O Presidente da República, Jair Bolsonaro (PL), por outro lado, tem afirmado que não é a favor da legalização dos jogos no Brasil, e que vetaria a matéria, caso fosse aprovada.

Nos últimos dias, o líder da frente evangélica, Deputado Federal Cezinha da Madureira (PSD/SP), afirmou que orientará a bancada a votar contra o marco regulatório dos jogos, e que apesar da tentativa do Presidente Artur Lira (PP/AL), não haveria possibilidade de acordo.

Na linha do Presidente, críticos da legalização afirmam que ela estimularia a criminalidade, e seu custo social seria maior do que o ganho econômico esperado por apoiadores da proposta. Do ponto de vista da saúde pública, há os que apontam para o risco de danos psicológicos advindos do vício, além do possível aumento de suicídios. A bancada evangélica, uma das bases do executivo no parlamento, é contra a aprovação da matéria.  

Por outro lado, os jogos de azar online (apostas esportivas entre outros) estão presentes no Brasil, sem a adequada regulamentação. Há uma exclusividade do governo brasileiro para explorar os jogos de loteria por meio da Caixa Econômica, e os defensores do projeto querem expandir a exploração para arrecadar mais impostos e direcioná-los à saúde, educação e áreas essenciais.

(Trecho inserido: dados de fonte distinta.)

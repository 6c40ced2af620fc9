-- ===== src/App/Method.antt =====
-- Methods of the applications: a state and the trace passed on, and a result, an error by `?`, or a
-- panic. The operations are shut, so that proofs go by their rules.
pub mod Keeps
pub mod Calm
use rustion.Prelude.{
  Bool, true, false, Option, none, some, Result, ok, err, List, [], ◌∷◌, ℕ, ◌≡◌, ap,
}
use rustion.Prelude.Actions.{Outcome, returned, failed, panicked}
use rustion.Casbin.Rules.{Uuid, Error, RusshError}
use rustion.App.World.{World, Trace, Event, enforced}

-- The state of a component, and the trace.
pub record Run (A : Type 0) : Type 0 where
  pub this : A
  pub trace : Trace

abbrev pub Method : Type 0 → Type 0 → Type 0
Method A B = Run A → Outcome Error B × Run A

module _ {A : Type 0} where
  unfoldable pub pure : {B : Type 0} → B → Method A B
  pure b s = (returned b, s)

  unfoldable pub fail_with : {B : Type 0} → Error → Method A B
  fail_with e s = (failed e, s)

  unfoldable pub panic : {B : Type 0} → Method A B
  panic s = (panicked, s)

  infixl 5 ◌>>=◌ ◌>>◌
  unfoldable pub ◌>>=◌ : {B C : Type 0} → Method A B → (B → Method A C) → Method A C
  ◌>>=◌ m next s =
      let (r, s') = m s in
      elim r [ returned b ↦ next b s' | failed e ↦ (failed e, s') | panicked ↦ (panicked, s') ]

  unfoldable pub ◌>>◌ : {B C : Type 0} → Method A B → Method A C → Method A C
  unfolding ◌>>=◌
  ◌>>◌ m next = m >>= λ _. next

  -- What follows a method that returned.
  pub >>=-returned :
      {B C : Type 0} (m : Method A B) (next : B → Method A C) (s t : Run A) (b : B)
      → m s ≡ (returned b, t)
      → (m >>= next) s ≡ next b t
  unfolding ◌>>=◌
  >>=-returned {C} m next s t b e =
      ap
        (λ q. elim q.0 as (λ _. Outcome Error C × Run A) [
          | returned x ↦ next x q.1
          | failed x ↦ (failed x, q.1)
          | panicked ↦ (panicked, q.1)
        ])
        e

  -- Reading and writing `self`.
  unfoldable pub get_this : Method A A
  get_this s = (returned s.this, s)

  unfoldable pub set_this : A → Method A (Unit {0})
  set_this a s = (returned tt, record s { this = a })

  -- `f?` for an answer that depends on what has happened.
  unfoldable pub answer : {B : Type 0} → (Trace → Result Error B) → Method A B
  answer f s = elim (f s.trace) [ ok b ↦ (returned b, s) | err e ↦ (failed e, s) ]

  -- `if let Some(x) = o { f(x) } else { d }`.
  unfoldable pub if_let : {X B : Type 0} → Option X → Method A B → (X → Method A B) → Method A B
  if_let none d f = d
  if_let (some x) d f = f x

  unfoldable pub note : Event → Method A (Unit {0})
  note e s = (returned tt, record s { trace = e ∷ s.trace })

  module _ {Ip : Type 0} (W : World Ip) where
    -- A call whose error is passed on by `?`.
    unfoldable pub perform : Event → Method A (Unit {0})
    perform e s = elim (W.refuses s.trace e) [
      | none ↦ (returned tt, record s { trace = e ∷ s.trace })
      | some x ↦ (failed x, s)
    ]

    unfoldable pub ask : Uuid → Uuid → Uuid → Option Ip → Method A Bool
    ask sub obj act ip s = elim (W.enforce s.trace sub obj act ip) [
      | ok granted ↦ (returned granted, record s { trace = enforced sub obj act granted ∷ s.trace })
      | err e ↦ (failed e, s)
    ]

  -- A match on the result of `m`: `f` on a value, `g` on an error.
  unfoldable pub match_result :
      {B C : Type 0} → Method A B → (B → Method A C) → (Error → Method A C) → Method A C
  match_result m f g s =
      let (r, s') = m s in
      elim r [ returned b ↦ f b s' | failed e ↦ g e s' | panicked ↦ (panicked, s') ]

-- A method of a part of `self`, which `put` writes back, also after an error; and one of a value of
-- its own, which comes with the result.
module _ {A H : Type 0} where
  unfoldable pub within : {B : Type 0} → (A → H → H) → A → Method A B → Method H B
  within put a m s =
      let (r, s') = m (record { this = a; trace = s.trace }) in
      (r, record { this = put s'.this s.this; trace = s'.trace })

  unfoldable pub alone : {B : Type 0} → A → Method A B → Method H (B × A)
  alone a m s =
      let (r, s') = m (record { this = a; trace = s.trace }) in
      let s'' : Run H = record { this = s.this; trace = s'.trace } in
      elim r [
        | returned b ↦ (returned (b, s'.this), s'')
        | failed e ↦ (failed e, s'')
        | panicked ↦ (panicked, s'')
      ]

O relator do tema no Grupo de Trabalho, Felipe Carreras (PSB/PE), afirma que o foco do texto está na integração entre cassinos e resorts, que se prestariam a alavancar o turismo brasileiro. Os complexos de entretenimento, segundo o deputado, podem valer bilhões de dólares e atrair turistas internacionais.

No Senado, propostas específicas sobre cassinos também avançaram nos últimos meses e aguardam relatório. Há um projeto do senador Ciro Nogueira (PP/PI), atual ministro da Casa Civil, que regulamenta jogo do bicho, bingo, jogos eletrônicos, cassinos em resorts, entre outros.

O cenário econômico negativo e a necessidade de ampliar a arrecadação de tributos têm pressionado os parlamentares a discutir a matéria, o que tem repercutido na tramitação das proposições a ela relativas.